『あしたの少女』は生々しく現代の闇に切り込む秀作 結末を見届けたあなたは何を思う?
リアルサウンド映画部の編集スタッフが週替りでお届けする「週末映画館でこれ観よう!」。毎週末にオススメ映画・特集上映をご紹介。今週は、最近家での映画・ドラマ鑑賞のために氷が溶けにくいタンブラーを購入した橋本が『あしたの少女』をプッシュします。
『あしたの少女』
本作は、2017年に韓国の全州市で実際に起こった、大手通信会社のコールセンターの現場実習生として働き始めた高校生が、3カ月後に自ら命を絶つという悲劇的な事件の全貌を映画化した社会派ヒューマンドラマ。現代社会に対する若者の絶望感や諦めなどがとても生々しく表現されており、鑑賞しながら苦しいと感じたり、自分の現状と重ねて考えてしまう人も多くいるだろう。

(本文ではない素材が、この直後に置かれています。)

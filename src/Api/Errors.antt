-- ===== src/Api/Errors.antt =====
-- frontend/src/api/errors.ts: the error envelope of the API and the error that `apiFetch` throws.
use punah_pustak.Common.{ℕ, String, Option, List, Dict}

-- `error.fields` maps a field to its messages.
pub record ApiErrorEnvelope : Type 0 where
  pub code : String
  pub message : String
  pub fields : Option (Dict (List String))

pub record ApiError : Type 0 where
  pub status : ℕ
  pub code : String
  pub message : String
  pub fields : Option (Dict (List String))

-- The constructor of `ApiError`.
abbrev pub api_error : ℕ → ApiErrorEnvelope → ApiError
api_error status e = record {
  status = status;
  code = e.code;
  message = e.message;
  fields = e.fields;
}

-- What a `catch` clause may hold. `raised` is an `Error` that is no `ApiError`, such as the
-- `TypeError` of a failed `fetch` or of a body that is not JSON; `other` is any other value.
pub data Thrown : Type 0 where
  api : ApiError → Thrown
  raised : String → Thrown
  other : Thrown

2人の主人公を演じたキム・シウンとペ・ドゥナが作品を通して訴えることは、まさに今を生きる私たちに突き刺さる。利益優先の企業における労働の搾取を繰り返す会社/上司になればなるほど無責任な言い訳と責任の転嫁を繰り返す。そんな現代社会に対する監督が持つ社会への怒りや問いかけが強く込められた138分だ。
本作は2つのパートで構成されている。物語は、職業高校に通うキム・ソヒ (キム・シウン)が必死にダンスを練習しているシーンから始まる。その後、ソヒは学校の先生にコールセンターでの仕事を斡旋され、流れるように気がつけば現場実習生として働くことになってしまう。そこからは現場実習生とは名ばかりの労働搾取のシーンが続く。低賃金での労働と厳しいノルマが課せられていくソヒ。仕事内容は、インターネットや携帯電話の契約を解除しようとして電話をかけてきた顧客に対応し、解除せず契約継続するよう仕向ける内容だ。そこでソヒは毎回に及ぶ罵詈雑言やセクハラのような電話対応に追われていく。
最初はなぜクレーマーたちは毎回こんなに怒っているのだろうと思ったのだが、契約を解除したくて電話をしてくる相手に対して解除させないためにわざと電話を切ったり、たらい回しにしたりなど、相手が怒って当たり前の対応がマニュアルとしてソヒには用意されていたのだ。とにかく契約の解除を防げればそれでいいという考えにゾッとした。